■ **DATA TO PROCESS**
______

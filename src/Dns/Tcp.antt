-- ===== src/Dns/Tcp.antt =====
-- The connections of crates/tailsvc-dns/src/server.rs over TCP: messages behind two bytes of length. The
-- bytes that a client sends before it closes are an argument, and so is the handling of a message.
pub mod Frames
use tailroute.Base.{
  ℕ, zero, suc, ◌+◌, ◌*◌, ◌/◌, ◌%◌, Result, ok, err, Option, none, some, List, [], ◌∷◌, ◌++◌,
  length,
}
use tailroute.Base.Text.{Text, text}

-- `read_exact`: the first bytes and the rest, if there are enough.
abbrev cons_read : ℕ → Option (List ℕ × List ℕ) → Option (List ℕ × List ℕ)
cons_read b none = none
cons_read b (some (bytes, rest)) = some (b ∷ bytes, rest)

unfoldable pub read_exact : ℕ → List ℕ → Option (List ℕ × List ℕ)
read_exact zero bytes = some ([], bytes)
read_exact (suc n) [] = none
read_exact (suc n) (b ∷ bytes) = cons_read b (read_exact n bytes)

-- `u16::from_be_bytes`.
abbrev pub from_be_bytes : List ℕ → ℕ
from_be_bytes [] = 0
from_be_bytes (hi ∷ []) = 0
from_be_bytes (hi ∷ lo ∷ more) = hi * 256 + lo

-- `(n as u16).to_be_bytes()`.
abbrev pub to_be_bytes : ℕ → List ℕ
to_be_bytes n = (n % 65536 / 256) ∷ (n % 256) ∷ []

abbrev pub frame : List ℕ → List ℕ
frame message = to_be_bytes (length message) ++ message

-- The bytes written, and how the connection ended; `none` means that the fuel ran out.
abbrev pub Written : Type 0
Written = Option (List ℕ × Result Unit Text)

abbrev pub written_before : List ℕ → Written → Written
written_before bytes none = none
written_before bytes (some (later, end)) = some (bytes ++ later, end)

module _ {S : Type 0} where
  -- What follows the handling of a message: its answer and the next round, or the end by an error.
  abbrev pub respond : (S → Written) → Result (List ℕ) Text × S → Written
  respond next (err e, s) = some ([], err e)
  respond next (ok resp, s) = written_before (frame resp) (next s)

  module _ (handle : S → List ℕ → Result (List ℕ) Text × S) where
    -- The message of a round; a client that closes within one ends the connection with an error.
    abbrev pub handle_message : (List ℕ → S → Written) → S → Option (List ℕ × List ℕ) → Written
    handle_message next s none = some ([], err (text "early eof"))
    handle_message next s (some (message, rest)) = respond (next rest) (handle s message)

    -- The length of a round; a client that closes before it ends the connection.
    abbrev pub handle_length : (List ℕ → S → Written) → S → Option (List ℕ × List ℕ) → Written
    handle_length next s none = some ([], ok tt)
    handle_length next s (some (len, rest)) =
        handle_message next s (read_exact (from_be_bytes len) rest)

    unfoldable pub handle_tcp_conn : ℕ → List ℕ → S → Written
    unfolding read_exact
    handle_tcp_conn zero input s = none
    handle_tcp_conn (suc fuel) input s = handle_length (handle_tcp_conn fuel) s (read_exact 2 input)
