-- ===== src/Dns/Tcp/Frames.antt =====
-- A connection over TCP answers each framed message with a framed answer, in order.
use tailroute.Base.{
  ℕ, zero, suc, ◌+◌, ◌<◌, ◌≡◌, refl, ap, ◌∙◌, inl, inr, arith, Result, ok, err, Option, none, some,
  List, [], ◌∷◌, ◌++◌, length, length-append, All, is_some, true, Option-cases,
}
use tailroute.Base.Text.{Text}
use tailroute.Dns.Tcp.{
  read_exact, from_be_bytes, to_be_bytes, frame, Written, written_before, respond, handle_message,
  handle_length, handle_tcp_conn,
}

read_exact-append :
    (message rest : List ℕ) → read_exact (length message) (message ++ rest) ≡ some (message, rest)
unfolding read_exact
read_exact-append [] rest = refl
read_exact-append (b ∷ message) rest = rw (read_exact-append message rest) refl

abbrev rest_length : Option (List ℕ × List ℕ) → ℕ
rest_length none = 0
rest_length (some (first, rest)) = length rest

read_exact-length :
    (n : ℕ) (bytes first rest : List ℕ)
    → read_exact n bytes ≡ some (first, rest)
    → n + length rest ≡ length bytes
unfolding read_exact
read_exact-length zero bytes first rest e =
    omega (arith, ap (λ (o : Option (List ℕ × List ℕ)). rest_length o) e)
read_exact-length (suc n) [] first rest e = cc
read_exact-length (suc n) (b ∷ bytes) first rest e = elim (Option-cases (read_exact n bytes)) [
  | inl k ↦ let bad = rw k at e in absurd (cc)
  | inr ((p, left), k) ↦
      let good = rw k at e in
      let same : left ≡ rest = cc in
      omega (arith, read_exact-length n bytes p left k, ap (λ (l : List ℕ). length l) same)
]

-- A length that two bytes can hold.
abbrev pub Fits : List ℕ → Type 0
Fits message = length message < 65536

be_bytes : (n : ℕ) → n < 65536 → from_be_bytes (to_be_bytes n) ≡ n
be_bytes n h = omega arith

abbrev pub frames : List (List ℕ) → List ℕ
frames [] = []
frames (m ∷ messages) = frame m ++ frames messages

module _ {S : Type 0} (handle : S → List ℕ → Result (List ℕ) Text × S) where
  -- `Answers s messages answers`: from the state `s` the messages are answered so.
  abbrev pub Answers : S → List (List ℕ) → List (List ℕ) → Type 0
  Answers s [] [] = Unit
  Answers s [] (_ ∷ _) = ⊥
  Answers s (m ∷ messages) [] = ⊥
  Answers s (m ∷ messages) (a ∷ answers) =
      ((handle s m).0 ≡ ok a) × Answers (handle s m).1 messages answers

  round :
      (fuel : ℕ) (m rest : List ℕ) (s : S)
      → Fits m
      → handle_tcp_conn handle (suc fuel) (frame m ++ rest) s
        ≡ respond (handle_tcp_conn handle fuel rest) (handle s m)
  unfolding handle_tcp_conn read_exact
  round fuel m rest s fits =
      ap (handle_message handle (handle_tcp_conn handle fuel) s)
        (ap (λ n. read_exact n (m ++ rest)) (be_bytes (length m) fits) ∙ read_exact-append m rest)

  respond-ok :
      (next : S → Written) (r : Result (List ℕ) Text × S) (a : List ℕ)
      → r.0 ≡ ok a
      → respond next r ≡ written_before (frame a) (next r.1)
  respond-ok next (ok b, s) a e =
      let same : b ≡ a = cc in ap (λ x. written_before (frame x) (next s)) same
  respond-ok next (err x, s) a e = cc

  -- A connection over TCP comes to its end, and each framed message is answered by a frame, in
  -- order. The conditions: every message is answered and is shorter than 65536 bytes, and the fuel
  -- exceeds the number of bytes that the client sends.
  pub handle_tcp_conn-frames :
      (fuel : ℕ) (messages answers : List (List ℕ)) (s : S)
      → length (frames messages) < fuel
      → All Fits messages
      → Answers s messages answers
      → handle_tcp_conn handle fuel (frames messages) s ≡ some (frames answers, ok tt)
  unfolding handle_tcp_conn
  handle_tcp_conn-frames zero messages answers s enough fits answered = absurd (omega arith)
  handle_tcp_conn-frames (suc fuel) [] [] s enough fits answered = unfold read_exact in refl
  handle_tcp_conn-frames (suc fuel) [] (a ∷ answers) s enough fits answered = absurd answered
  handle_tcp_conn-frames (suc fuel) (m ∷ messages) [] s enough fits answered = absurd answered
  handle_tcp_conn-frames (suc fuel) (m ∷ messages) (a ∷ answers) s enough (fit, fits)
        (first, answered) =
      round fuel m (frames messages) s fit
      ∙ respond-ok (handle_tcp_conn handle fuel (frames messages)) (handle s m) a first
      ∙ ap (written_before (frame a)) (
          handle_tcp_conn-frames fuel messages answers (handle s m).1
            (omega (arith, length-append m (frames messages))) fits answered)

  ended :
      (next : S → Written) (r : Result (List ℕ) Text × S)
      → ((s : S) → is_some (next s) ≡ true)
      → is_some (respond next r) ≡ true
  ended next (err e, s) ends = refl
  ended next (ok a, s) ends = before (next s) (ends s)
    where
      before : (w : Written) → is_some w ≡ true → is_some (written_before (frame a) w) ≡ true
      before none e = cc
      before (some (later, end)) e = refl

  -- A connection over TCP comes to its end, whatever the bytes that the client sends before it
  -- closes and whatever the answers. The condition: the fuel exceeds the number of the bytes.
  pub handle_tcp_conn-ends :
      (fuel : ℕ) (input : List ℕ) (s : S)
      → length input < fuel
      → is_some (handle_tcp_conn handle fuel input s) ≡ true
  unfolding handle_tcp_conn
  handle_tcp_conn-ends zero input s enough = absurd (omega arith)
  handle_tcp_conn-ends (suc fuel) input s enough = elim (Option-cases (read_exact 2 input)) [
    | inl n ↦ ap (λ o. is_some (handle_length handle (handle_tcp_conn handle fuel) s o)) n
    | inr ((len, rest), n) ↦
        ap (λ o. is_some (handle_length handle (handle_tcp_conn handle fuel) s o)) n
        ∙ elim (Option-cases (read_exact (from_be_bytes len) rest)) [
          | inl k ↦ ap (λ o. is_some (handle_message handle (handle_tcp_conn handle fuel) s o)) k
          | inr ((message, left), k) ↦
              ap (λ o. is_some (handle_message handle (handle_tcp_conn handle fuel) s o)) k
              ∙ ended (handle_tcp_conn handle fuel left) (handle s message) (λ t.
                handle_tcp_conn-ends fuel left t (
                  omega (
                    arith,
                    read_exact-length 2 input len rest n,
                    read_exact-length (from_be_bytes len) rest message left k,
                  )))
        ]
  ]
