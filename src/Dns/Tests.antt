-- ===== src/Dns/Tests.antt =====
-- The theorems on the DNS server at one name of the registry and one of the resolver.
use tailroute.Base.{
  arith, ℕ, Result, ok, some, is_some, ◌+◌, ◌≡◌, refl, true, List, [], ◌∷◌, leb, if◌then◌else◌,
}
use tailroute.Base.Keys.{list_key, nat_key, list_eq}
use tailroute.Base.Text.{Text, trim_end_matches, trim_end_by, to_ascii_lowercase, lower_char}
use tailroute.Base.Table.{get}
use tailroute.Dns.Registry.{lookup_a}
use tailroute.Dns.Tcp.{handle_tcp_conn}
use tailroute.Dns.Tcp.Frames.{frames, handle_tcp_conn-frames, handle_tcp_conn-ends}
use tailroute.Dns.Cache.{no_error, Record, address, cache_get}
use tailroute.Dns.Server.{
  DnsServerConfig, Query, Request, found, failed, answered, capped_ttl, ask_upstream, forward_query,
  answer_request, respond,
}
use tailroute.Dns.Server.Answers.{registry_answers, answer_request_local, forward_query_cached}

abbrev config : DnsServerConfig
config = record {
  listen = record { ip = 1; port = 53 };
  upstreams = [];
  service_ttl = 5;
  positive_cache_max = 300000000000;
  negative_cache_max = 30000000000;
  registry = record { inner = (b'x' ∷ [], 7) ∷ [] };
}

-- `X.`, type A.
abbrev query : Query
query = record { name = b'X' ∷ b'.' ∷ []; query_type = 1 }

abbrev request : Request
request = record { id = 3; op_code = 0; recursion_desired = true; queries = query ∷ [] }

abbrev records : List Record
records = record { name = b'w' ∷ []; ttl = 2; rdata = address 9 } ∷ []

abbrev web : Query
web = record { name = b'w' ∷ []; query_type = 1 }

answer_request_local_example :
    answer_request config (λ name type. failed) 4 request []
    ≡ (respond request no_error (registry_answers config request.queries), [])
unfolding lookup_a trim_end_matches trim_end_by to_ascii_lowercase lower_char get list_eq
answer_request_local_example = answer_request_local config (λ name type. failed) 4 request [] refl

forward_query_cached_example :
    (forward_query config
      (λ name type. failed)
      1000
      web
      (forward_query config (λ name type. found records) 4 web []).1).0
    ≡ (if leb (4 + capped_ttl config.positive_cache_max records) 1000
        then (ask_upstream config (λ name type. failed) 1000 web failed []).0
        else answered records no_error)
unfolding cache_get get capped_ttl
forward_query_cached_example =
    forward_query_cached config web records 4 (λ name type. found records) (λ name type. failed)
      1000 [] refl refl refl

-- A server that answers a message by its own bytes and one more, and counts.
abbrev echo : ℕ → List ℕ → Result (List ℕ) Text × ℕ
echo n message = (ok (n ∷ message), n + 1)

abbrev sent : List (List ℕ)
sent = (b'q' ∷ []) ∷ [] ∷ []

abbrev returned : List (List ℕ)
returned = (7 ∷ b'q' ∷ []) ∷ (8 ∷ []) ∷ []

handle_tcp_conn-frames_example :
    handle_tcp_conn echo 9 (frames sent) 7 ≡ some (frames returned, ok tt)
handle_tcp_conn-frames_example =
    handle_tcp_conn-frames echo 9 sent returned 7 (omega arith) (omega arith) (refl, (refl, tt))

-- A client that closes within a message.
handle_tcp_conn-ends_example : is_some (handle_tcp_conn echo 9 (0 ∷ 5 ∷ b'q' ∷ []) 7) ≡ true
handle_tcp_conn-ends_example = handle_tcp_conn-ends echo 9 (0 ∷ 5 ∷ b'q' ∷ []) 7 (omega arith)
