-- ===== src/Proxy.antt =====
-- The crate `tailsvc-proxy` (crates/tailsvc-proxy/src): the table of routes, and what the proxy
-- answers before and after it talks to a backend.
pub mod Routes
pub mod Handle
pub mod WebSocket
mod Tests
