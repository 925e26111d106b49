-- ===== src/Proxy/Handle.antt =====
-- crates/tailsvc-proxy/src/proxy.rs: the decisions of `handle`, the forwarded headers, and the
-- answer to each way in which a backend may fail. A header map is the list of its entries, names in
-- lower case; the backend is a parameter.
pub mod Entries
pub mod Forwarded
use tailroute.Base.{
  ℕ, Bool, false, not, ◌&&◌, ◌||◌, Option, none, some, List, [], ◌∷◌, ◌++◌, retain, unwrap_or,
  and_then, is_empty, if◌then◌else◌,
}
use tailroute.Base.Headers.{to_str}
use tailroute.Base.Keys.{◌==◌, list_key, nat_key}
use tailroute.Base.Text.{Text, text, to_ascii_lowercase, contains_text, eq_ignore_ascii_case}
use tailroute.Base.Table.{get}
use tailroute.Common.Backend.{authority}
use tailroute.Proxy.Routes.{BackendRoute, SharedRouteStore, resolve}

abbrev pub HeaderMap : Type 0
HeaderMap = List (Text × Text)

-- `HeaderMap::insert`: the entries of the name give way to one.
unfoldable pub header_insert : Text → Text → HeaderMap → HeaderMap
header_insert name value headers = retain (λ (n, _). not (n == name)) headers ++ (name, value) ∷ []

pub record Response : Type 0 where
  pub status : ℕ
  pub headers : HeaderMap
  pub body : Text

unfoldable pub text_response : ℕ → Text → Response
text_response status body = record {
  status = status;
  headers =
      (text "content-type", text "text/plain; charset=utf-8")
      ∷ (text "cache-control", text "no-store")
      ∷ [];
  body = body;
}

unfoldable pub is_websocket_upgrade : HeaderMap → Bool
is_websocket_upgrade headers =
    let upgrade =
      unwrap_or
        (and_then (and_then (get (text "upgrade") headers) to_str)
          (λ s. some (eq_ignore_ascii_case s (text "websocket"))))
        false in
    let connection =
      unwrap_or
        (and_then (and_then (get (text "connection") headers) to_str)
          (λ s. some (contains_text (text "upgrade") (to_ascii_lowercase s))))
        false in
    upgrade && connection

-- `set_header`: the entry that is made where a value is present.
abbrev pub insert_some : Text → Option Text → HeaderMap → HeaderMap
insert_some name none headers = headers
insert_some name (some v) headers = header_insert name v headers

-- The addresses that the request has passed, with the peer's at the end.
unfoldable pub forwarded_for : Option Text → Text → Text
forwarded_for none peer_ip = peer_ip
forwarded_for (some existing) peer_ip =
    if is_empty existing then peer_ip else existing ++ (text ", " ++ peer_ip)

-- `HeaderValue::from_bytes` takes the bytes of a value, and `from_str` those texts that `to_str` yields.
unfoldable pub inject_forwarded_headers : HeaderMap → Text → Option Text → HeaderMap
inject_forwarded_headers headers peer_ip original_host =
    let h1 = insert_some (text "host") original_host headers in
    let h2 = header_insert (text "x-forwarded-proto") (text "http") h1 in
    let h3 = insert_some (text "x-forwarded-host") original_host h2 in
    let xff = forwarded_for (and_then (get (text "x-forwarded-for") h3) to_str) peer_ip in
    insert_some (text "x-forwarded-for") (to_str xff) h3

-- What the backend does with a plain request. An error is the text that it displays.
pub data BackendResult : Type 0 where
  replied : Response → BackendResult
  errored : Text → BackendResult
  no_reply : BackendResult

-- The headers of a reply that are passed on, behind the proxy's own `cache-control`.
unfoldable pub pass_headers : HeaderMap → HeaderMap
pass_headers headers =
    (text "cache-control", text "no-store, no-cache, must-revalidate")
    ∷ retain (λ (n, _). not (n == text "transfer-encoding")) headers

unfoldable pub answer_http : BackendResult → Response
answer_http (replied resp) = record resp { headers = pass_headers resp.headers }
answer_http (errored e) =
    let msg = to_ascii_lowercase e in
    if contains_text (text "timeout") msg || contains_text (text "timed out") msg
    then text_response 504 (text "backend timeout")
    else text_response 502 (text "backend unavailable")
answer_http no_reply = text_response 504 (text "backend timeout")

pub record Request : Type 0 where
  pub path_and_query : Option Text
  pub headers : HeaderMap

-- A request to a backend: the target address and the headers.
pub record BackendRequest : Type 0 where
  pub uri : Text
  pub headers : HeaderMap

-- Where a request goes.
pub data Decision : Type 0 where
  respond : Response → Decision
  http : BackendRoute → BackendRequest → Decision
  websocket : BackendRoute → Decision

-- `None` where the target is no valid URI.
module _ (valid_uri : Text → Bool) where
  unfoldable pub prepare_http : BackendRoute → Text → Request → Decision
  prepare_http route peer_ip req =
      let uri =
        text "http://" ++ (authority route.backend ++ unwrap_or req.path_and_query (text "/")) in
      if not (valid_uri uri)
      then respond (text_response 400 (text "bad request"))
      else http route (record {
        uri = uri;
        headers = inject_forwarded_headers req.headers peer_ip (get (text "host") req.headers);
      })

  unfoldable pub handle : Bool → SharedRouteStore → Text → Request → Decision
  handle shutting_down routes peer_ip req =
      if shutting_down
      then respond (text_response 503 (text "agent shutting down"))
      else elim (resolve routes (unwrap_or (and_then (get (text "host") req.headers) to_str) [])) [
        | none ↦ respond (text_response 404 (text "unknown tailsvc host"))
        | some route ↦
            if is_websocket_upgrade req.headers
            then websocket route
            else prepare_http route peer_ip req
      ]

______

■ **REQUIRED ACTION**
Beginning with the line above that contains "(fuel : ℕ) (m rest : List ℕ) (s : S)", copy each line exactly up to and including the line that contains "ap (handle_message handle", and go no further.

■ **RESPONSE TO THIS EXERCISE**
      (fuel : ℕ) (m rest : List ℕ) (s : S)
      → Fits m
      → handle_tcp_conn handle (suc fuel) (frame m ++ rest) s
        ≡ respond (handle_tcp_conn handle fuel rest) (handle s m)
  unfolding handle_tcp_conn read_exact
  round fuel m rest s fits =
      ap (handle_message handle (handle_tcp_conn handle fuel) s)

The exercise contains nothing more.